## Diagram: Transformer Block Pruning
### Overview
The image is a diagram illustrating the architecture of a Transformer model and two pruning techniques: depth pruning and width pruning. The diagram shows the flow of data through the model, from input embedding to output logit, and highlights the components affected by each pruning method.
### Components/Axes
* **Overall Structure:** The diagram depicts a Transformer model consisting of multiple Transformer Blocks stacked sequentially.

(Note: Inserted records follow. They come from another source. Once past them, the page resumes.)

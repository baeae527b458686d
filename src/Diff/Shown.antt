-- ===== src/Diff/Shown.antt =====
-- src/core/diff.rs: the evidence behind the changes that a comparison reports.
use mathlib.Core.Path.{◌≡◌, refl, sym, ap, subst, ◌∙◌}
use mathlib.Core.List.{Memᴰ}
use mathlib.Core.Logic.{◌⊎◌, inl, inr}
use native.Mathlib.Omega.{arith}
use backupsage.Base.{
  any, is_some, not, ◌==◌, ==_iff, Bool, true, false, not, ◌&&◌, ◌||◌, Option, none, some, [], ◌∷◌,
  filter, Bool-cases,
}
use backupsage.Base.Order.{eqb, eqb_iff, nat_ord, int_ord, list_ord, pair_ord, option_ord}
use backupsage.Coverage.{Bytes}
use backupsage.Diff.Types.{
  complete, Entry, Snapshot, SnapshotInfo, ChangeKind, added, removed, moved, byte_identical,
  inconclusive, Change, report_entry,
}
use backupsage.Diff.Rows.{
  compatible, absence, trusted_hash, same_path, same_content, by_hashes, metadata_known, is_file,
}
use backupsage.Diff.Compare.{Sides, change, matched}
use backupsage.Diff.Report.{both_compatible}
use backupsage.Diff.Unique.{has_hash}
use backupsage.Diff.Visible.{IsAbsent}

-- Both entries carry this trusted hash, at one size.
abbrev pub IsSameContent : Bytes → Entry → Entry → Type 0
IsSameContent hash a b =
    (trusted_hash a ≡ some hash) × (trusted_hash b ≡ some hash) × (a.size ≡ b.size)

-- The change is of this entry of the earlier snapshot and this one of the later.
abbrev pub IsPair : Snapshot → Snapshot → Change → Entry → Entry → Type 0
IsPair old new c a b =
    Memᴰ a old.entries
    × Memᴰ b new.entries
    × (c.before ≡ some (report_entry a))
    × (c.after ≡ some (report_entry b))

-- A hash that one entry of a complete snapshot has, and no other, where every entry has a trusted hash.
abbrev pub IsUniqueIn : Bytes → Snapshot → Entry → Type 0
IsUniqueIn hash s e =
    (s.info.state ≡ complete)
    × (filter (has_hash hash) s.entries ≡ e ∷ [])
    × (any (λ x. not (is_some (trusted_hash x))) s.entries ≡ false)

-- What the kind of a change promises of the two snapshots.
abbrev pub IsShown : Snapshot → Snapshot → Change → ChangeKind → Type 0
IsShown old new c added =
    (b : Entry) × Memᴰ b new.entries
    × (c.before ≡ none)
    × (c.after ≡ some (report_entry b))
    × (old.info.state ≡ complete)
    × (both_compatible old new ≡ true)
    × IsAbsent b.path old
IsShown old new c removed =
    (a : Entry) × Memᴰ a old.entries
    × (c.before ≡ some (report_entry a))
    × (c.after ≡ none)
    × (new.info.state ≡ complete)
    × (both_compatible old new ≡ true)
    × IsAbsent a.path new
IsShown old new c moved =
    (hash : Bytes) × (a : Entry) × (b : Entry) × IsPair old new c a b
    × (both_compatible old new ≡ true)
    × IsSameContent hash a b
    × ((a.size == 0) ≡ false)
    × IsUniqueIn hash old a
    × IsUniqueIn hash new b
    × IsAbsent a.path new
    × IsAbsent b.path old
IsShown old new c byte_identical =
    (hash : Bytes) × (a : Entry) × (b : Entry) × IsPair old new c a b
    × (a.path ≡ b.path)
    × (both_compatible old new ≡ true)
    × IsSameContent hash a b
    × (a.mtime_unix ≡ b.mtime_unix)
    × (a.mode ≡ b.mode)
IsShown old new c _ = Unit

abbrev pub IsShownChange : Snapshot → Snapshot → Change → Type 0
IsShownChange old new c = IsShown old new c c.kind

absence_cases :
    (info : SnapshotInfo) (b : Bool) (k : ChangeKind)
    → (b ≡ true → compatible info ≡ true)
    → ((absence info b k).0 ≡ inconclusive)
      ⊎ (((absence info b k).0 ≡ k) × (b ≡ true) × (info.state ≡ complete))
unfolding absence compatible
absence_cases info b k h = ground (arith, h)

both_left : (a b : Bool) → (a && b) ≡ true → a ≡ true
both_left a b = ground arith

both_right : (a b : Bool) → (a && b) ≡ true → b ≡ true
both_right a b = ground arith

pub removed_shown :
    (old new : Snapshot) (e : Entry)
    → Memᴰ e old.entries
    → IsAbsent e.path new
    → IsShownChange old new
        (change (absence new.info (both_compatible old new) removed) (some e) none)
unfolding change
removed_shown old new e there gone =
    let c = change (absence new.info (both_compatible old new) removed) (some e) none in
    elim (absence_cases new.info (both_compatible old new) removed (both_right _ _)) [
      | inl i ↦ subst (IsShown old new c) (sym i) tt
      | inr (k, b, s) ↦ subst (IsShown old new c) (sym k) (e, there, refl, refl, s, b, gone)
    ]

pub added_shown :
    (old new : Snapshot) (e : Entry)
    → Memᴰ e new.entries
    → IsAbsent e.path old
    → IsShownChange old new
        (change (absence old.info (both_compatible old new) added) none (some e))
unfolding change
added_shown old new e there gone =
    let c = change (absence old.info (both_compatible old new) added) none (some e) in
    elim (absence_cases old.info (both_compatible old new) added (both_left _ _)) [
      | inl i ↦ subst (IsShown old new c) (sym i) tt
      | inr (k, b, s) ↦ subst (IsShown old new c) (sym k) (e, there, refl, refl, s, b, gone)
    ]

module _ (old new : Snapshot) (a b : Entry) (c : Change) (pair : IsPair old new c a b)
    (paths : a.path ≡ b.path) (both : both_compatible old new ≡ true) where
  same_content-IsShown :
      (hash : Bytes) → IsSameContent hash a b → IsShown old new c (same_content a b).0
  same_content-IsShown hash same =
      elim (Bool-cases (not (metadata_known a) || not (metadata_known b))) [
        | inl y ↦ rw y tt
        | inr n ↦ rw n (elim (Bool-cases (eqb a.mtime_unix b.mtime_unix && eqb a.mode b.mode)) [
          | inl y ↦ rw y (
            hash,
            a,
            b,
            pair,
            paths,
            both,
            same,
            (eqb_iff a.mtime_unix b.mtime_unix).0 (both_left _ _ y),
            (eqb_iff a.mode b.mode).0 (both_right _ _ y),
          )
          | inr m ↦ rw m tt
        ])
      ]

  by_hashes-IsShown :
      (p q : Option Bytes)
      → trusted_hash a ≡ p
      → trusted_hash b ≡ q
      → IsShown old new c (by_hashes p q a b).0
  by_hashes-IsShown none q h k = tt
  by_hashes-IsShown (some p) none h k = tt
  by_hashes-IsShown (some p) (some q) h k = elim (Bool-cases (eqb p q)) [
    | inr n ↦ rw n tt
    | inl y ↦ rw y (elim (Bool-cases (a.size == b.size)) [
      | inl z ↦ rw z (
          same_content-IsShown p
            (h, k ∙ ap (λ x. some x) (sym ((eqb_iff p q).0 y)), (==_iff a.size b.size).0 z))
      | inr n ↦ rw n tt
    ])
  ]

  same_path-IsShown : IsShown old new c (same_path a b).0
  unfolding same_path
  same_path-IsShown = elim (Bool-cases (not (is_file a.entry_type) || not (is_file b.entry_type))) [
    | inl y ↦ rw y tt
    | inr n ↦ rw n (by_hashes-IsShown (trusted_hash a) (trusted_hash b) refl refl)
  ]

pub matched_shown :
    (old new : Snapshot) (c : Sides) (a b : Entry)
    → c.is_compatible ≡ both_compatible old new
    → Memᴰ a old.entries
    → Memᴰ b new.entries
    → a.path ≡ b.path
    → IsShownChange old new (matched c a b).0
unfolding change
matched_shown old new c a b same at_a at_b paths = elim (Bool-cases c.is_compatible) [
  | inl y ↦ rw y (
      same_path-IsShown old new a b (change (same_path a b) (some a) (some b))
        (at_a, at_b, refl, refl) paths (sym same ∙ y))
  | inr n ↦ rw n tt
]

* **Input:** Input Embedding
* **Output:** Output Logit
* **Transformer Blocks:** A series of blocks labeled "Transformer Block₁", "Transformer Blockₙ₋₁", "Transformer Blockₙ", and "Transformer Blockₙ".
* **LM Head:** Located above the last Transformer Block.
* **MHA (Multi-Head Attention):** A block containing "Norm", "QKV₁", "QKVₕ", "QKVᴴ", and "Out".
* **FFN (Feed Forward Network):** A block containing "Norm", "Up & Gate", and "Down".
* **Depth Pruning:** Indicated by a blue scissors icon next to "Transformer Blockₙ".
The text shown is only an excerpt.